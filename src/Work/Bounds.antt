-- ===== src/Work/Bounds.antt =====
-- The checked arithmetic is the arithmetic of ℕ below its bound, and the limits hold of what passes.
use tasc.Base.{
  ℕ, zero, suc, ◌*◌, ◌/◌, ◌≤◌, ◌<◌, ◌≡◌, refl, ap, ◌∙◌, subst, ◌↔◌, List, [], ◌∷◌, arith, ltb,
  nat_eq, if◌then◌else◌, All, ok, err, >>=-eq-ok,
}
use native.Mathlib.Nat.{div-lt_iff_lt-mul}
use tasc.Work.{
  Number, natural, other, max_safe_integer, overflow, WorkBudget, AssessmentWorkInput,
  AssessmentWorkEstimate, safe, checked_multiply, checked_product, assessment_work_of, check_limit,
  check_limits, assert_within_work_budget,
}

-- The product without a bound.
abbrev pub product : ℕ → List ℕ → ℕ
product acc [] = acc
product acc (x ∷ xs) = product (acc * x) xs

quotient_iff : (m a b : ℕ) → (m / suc b < a) ↔ (m < a * suc b)
quotient_iff m a b = div-lt_iff_lt-mul (omega arith)

-- The division test is exact: it refuses the products above the bound and no others.
pub checked_multiply-eq :
    (a b : ℕ)
    → checked_multiply a b ≡ (if ltb max_safe_integer (a * b) then err overflow else ok (a * b))
unfolding checked_multiply
checked_multiply-eq zero b = ground arith
checked_multiply-eq (suc a) zero = ground arith
checked_multiply-eq (suc a) (suc b) = ground (arith, quotient_iff max_safe_integer (suc a) b)

checked_multiply_sound :
    (a b : ℕ) {r : ℕ} → checked_multiply a b ≡ ok r → (r ≡ a * b) × (r ≤ max_safe_integer)
checked_multiply_sound a b h = ground (arith, checked_multiply-eq a b)

checked_product_sound :
    (acc : ℕ) (xs : List ℕ) {r : ℕ}
    → acc ≤ max_safe_integer
    → checked_product acc xs ≡ ok r
    → (r ≡ product acc xs) × (r ≤ max_safe_integer)
unfolding checked_product
checked_product_sound acc [] bound h = ground arith
checked_product_sound acc (x ∷ xs) {r} bound h =
    let (next, p, h1) = >>=-eq-ok (checked_multiply acc x) _ h in
    let (exact, small) = checked_multiply_sound acc x p in
    let (same, least) = checked_product_sound next xs small h1 in
    (same ∙ ap (λ n. product n xs) exact, least)

abbrev pub IsPositive : ℕ → Type 0
IsPositive n = 0 < n

acc-le-product : (acc : ℕ) (xs : List ℕ) → All IsPositive xs → acc ≤ product acc xs
acc-le-product acc [] positive = omega arith
acc-le-product acc (zero ∷ xs) (p, positive) = omega (arith, p)
acc-le-product acc (suc x ∷ xs) (p, positive) =
    omega (arith, acc-le-product (acc * suc x) xs positive)

checked_product_complete :
    (acc : ℕ) (xs : List ℕ)
    → All IsPositive xs
    → product acc xs ≤ max_safe_integer
    → checked_product acc xs ≡ ok (product acc xs)
unfolding checked_product
checked_product_complete acc [] positive bound = refl
checked_product_complete acc (x ∷ xs) (p, positive) bound =
    let step : checked_multiply acc x ≡ ok (acc * x) =
      ground (arith, checked_multiply-eq acc x, acc-le-product (acc * x) xs positive, bound) in
    rw step (checked_product_complete (acc * x) xs positive bound)

-- The checked product of positive factors succeeds with their product exactly when that is at most
-- 2^53 - 1.
pub checked_product_iff :
    (xs : List ℕ)
    → All IsPositive xs
    → (checked_product 1 xs ≡ ok (product 1 xs)) ↔ (product 1 xs ≤ max_safe_integer)
checked_product_iff xs positive = (
  λ h. let (_, bound) = checked_product_sound 1 xs (omega arith) h in bound,
  checked_product_complete 1 xs positive,
)

-- A safe integer.
abbrev pub IsSafe : Number → Type 0
IsSafe x = (n : ℕ) × (x ≡ natural n) × (n ≤ max_safe_integer)

-- A number within a limit that is a safe integer.
abbrev pub IsLimited : ℕ → Number → Type 0
IsLimited n limit = (m : ℕ) × (limit ≡ natural m) × (m ≤ max_safe_integer) × (n ≤ m)

-- What the limits promise of an estimate: its five counts are safe integers within the caller's limits,
-- which are safe integers too, and so is their product, whatever work the estimate claims.
pub record Within (i : AssessmentWorkInput) (b : WorkBudget) : Type 0 where
  pub candidates : ℕ
  pub traces : ℕ
  pub evidence : ℕ
  pub draws : ℕ
  pub groups : ℕ
  pub input : i ≡ record {
    candidate_count = natural candidates;
    trace_rows = natural traces;
    evidence_rows = natural evidence;
    bootstrap_draws = natural draws;
    independent_groups = natural groups;
  }
  pub counts_safe :
      All (λ n. n ≤ max_safe_integer) (candidates ∷ traces ∷ evidence ∷ draws ∷ groups ∷ [])
  pub candidates_within : IsLimited candidates b.max_candidates
  pub traces_within : IsLimited traces b.max_trace_rows
  pub evidence_within : IsLimited evidence b.max_evidence_rows
  pub draws_within : IsLimited draws b.max_bootstrap_draws
  pub groups_within : IsLimited groups b.max_independent_groups
  pub work_within :
      IsLimited
        (product 1 (candidates ∷ traces ∷ evidence ∷ draws ∷ groups ∷ []))
        b.max_assessment_work
  pub work_safe :
      product 1 (candidates ∷ traces ∷ evidence ∷ draws ∷ groups ∷ []) ≤ max_safe_integer

safe-natural : (n : Number) {m : ℕ} → safe n ≡ ok m → n ≡ natural m
unfolding safe
safe-natural other h = cc
safe-natural (natural k) h = ground arith

safe-least : (n : Number) {m : ℕ} → safe n ≡ ok m → m ≤ max_safe_integer
unfolding safe
safe-least other h = cc
safe-least (natural k) h = ground arith

safe-IsSafe : (n : Number) {m : ℕ} → safe n ≡ ok m → IsSafe n
safe-IsSafe n {m} h = (m, safe-natural n h, safe-least n h)

check_limit-IsLimited : (n : ℕ) (limit : Number) → check_limit n limit ≡ ok tt → IsLimited n limit
unfolding check_limit
check_limit-IsLimited n limit h =
    let (m, p, h1) = >>=-eq-ok (safe limit) _ h in
    (m, safe-natural limit p, safe-least limit p, ground arith)

-- What `check_limits` accepts.
abbrev Limits : ℕ → ℕ → ℕ → ℕ → ℕ → ℕ → WorkBudget → Type 0
Limits c t e d g w b =
    IsLimited c b.max_candidates
    × IsLimited t b.max_trace_rows
    × IsLimited e b.max_evidence_rows
    × IsLimited d b.max_bootstrap_draws
    × IsLimited g b.max_independent_groups
    × IsLimited w b.max_assessment_work

check_limits-Limits :
    (c t e d g w : ℕ) (b : WorkBudget) → check_limits c t e d g w b ≡ ok tt → Limits c t e d g w b
unfolding check_limits
check_limits-Limits c t e d g w b h =
    let (_, p1, h1) = >>=-eq-ok (check_limit c b.max_candidates) _ h in
    let (_, p2, h2) = >>=-eq-ok (check_limit t b.max_trace_rows) _ h1 in
    let (_, p3, h3) = >>=-eq-ok (check_limit e b.max_evidence_rows) _ h2 in
    let (_, p4, h4) = >>=-eq-ok (check_limit d b.max_bootstrap_draws) _ h3 in
    let (_, p5, p6) = >>=-eq-ok (check_limit g b.max_independent_groups) _ h4 in
    (
      check_limit-IsLimited c _ p1,
      check_limit-IsLimited t _ p2,
      check_limit-IsLimited e _ p3,
      check_limit-IsLimited d _ p4,
      check_limit-IsLimited g _ p5,
      check_limit-IsLimited w _ p6,
    )

-- The recomputed work of counts that were read as natural numbers.
recomputed_work :
    (i : AssessmentWorkInput) (c t e d g : ℕ) {w : ℕ}
    → safe i.candidate_count ≡ ok c
    → safe i.trace_rows ≡ ok t
    → safe i.evidence_rows ≡ ok e
    → safe i.bootstrap_draws ≡ ok d
    → safe i.independent_groups ≡ ok g
    → assessment_work_of i ≡ ok w
    → checked_product 1 (c ∷ t ∷ e ∷ d ∷ g ∷ []) ≡ ok w
unfolding assessment_work_of
recomputed_work i c t e d g pc pt pe pd pg h = rw (pc, pt, pe, pd, pg) at h

counts_of :
    (i : AssessmentWorkInput) {c t e d g : ℕ}
    → safe i.candidate_count ≡ ok c
    → safe i.trace_rows ≡ ok t
    → safe i.evidence_rows ≡ ok e
    → safe i.bootstrap_draws ≡ ok d
    → safe i.independent_groups ≡ ok g
    → i ≡ record {
      candidate_count = natural c;
      trace_rows = natural t;
      evidence_rows = natural e;
      bootstrap_draws = natural d;
      independent_groups = natural g;
    }
counts_of i pc pt pe pd pg =
    let qc = safe-natural _ pc in
    let qt = safe-natural _ pt in
    let qe = safe-natural _ pe in let qd = safe-natural _ pd in let qg = safe-natural _ pg in cc

-- An estimate that passes the caller's budget has five counts and a product of them that are safe
-- integers within the budget's limits, which are safe integers themselves. The product is taken again
-- from the counts: of the work that the estimate states no more is said than that it is a safe integer.
pub assert_within_work_budget-Within :
    (e : AssessmentWorkEstimate) (b : WorkBudget)
    → assert_within_work_budget e b ≡ ok tt
    → Within e.input b × IsSafe e.assessment_work
unfolding assert_within_work_budget
assert_within_work_budget-Within e b h =
    let (c, pc, h1) = >>=-eq-ok (safe e.candidate_count) _ h in
    let (t, pt, h2) = >>=-eq-ok (safe e.trace_rows) _ h1 in
    let (v, pv, h3) = >>=-eq-ok (safe e.evidence_rows) _ h2 in
    let (d, pd, h4) = >>=-eq-ok (safe e.bootstrap_draws) _ h3 in
    let (g, pg, h5) = >>=-eq-ok (safe e.independent_groups) _ h4 in
    let (_, pa, h6) = >>=-eq-ok (safe e.assessment_work) _ h5 in
    let (w, pw, h7) = >>=-eq-ok (assessment_work_of e.input) _ h6 in
    let (exact, bound) =
      checked_product_sound 1 (c ∷ t ∷ v ∷ d ∷ g ∷ []) (omega arith)
        (recomputed_work e.input c t v d g pc pt pv pd pg pw) in
    let (lc, lt, lv, ld, lg, lw) = check_limits-Limits c t v d g w b h7 in
    let passed : Within e.input b = record {
      candidates = c;
      traces = t;
      evidence = v;
      draws = d;
      groups = g;
      input = counts_of e.input pc pt pv pd pg;
      counts_safe = (
        safe-least e.candidate_count pc,
        (
          safe-least e.trace_rows pt,
          (
            safe-least e.evidence_rows pv,
            (safe-least e.bootstrap_draws pd, (safe-least e.independent_groups pg, tt)),
          ),
        ),
      );
      candidates_within = lc;
      traces_within = lt;
      evidence_within = lv;
      draws_within = ld;
      groups_within = lg;
      work_within = subst (λ n. IsLimited n b.max_assessment_work) exact lw;
      work_safe = subst (λ n. n ≤ max_safe_integer) exact bound;
    } in
    (passed, safe-IsSafe e.assessment_work pa)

★ ★ ★

> _EXERCISE REQUIREMENTS_
For each line of the entries that holds the word "step", pull that line out.

> _RESULT OF THIS TASK_
    let step : checked_multiply acc x ≡ ok (acc * x) =
    rw step (checked_product_complete (acc * x) xs positive bound)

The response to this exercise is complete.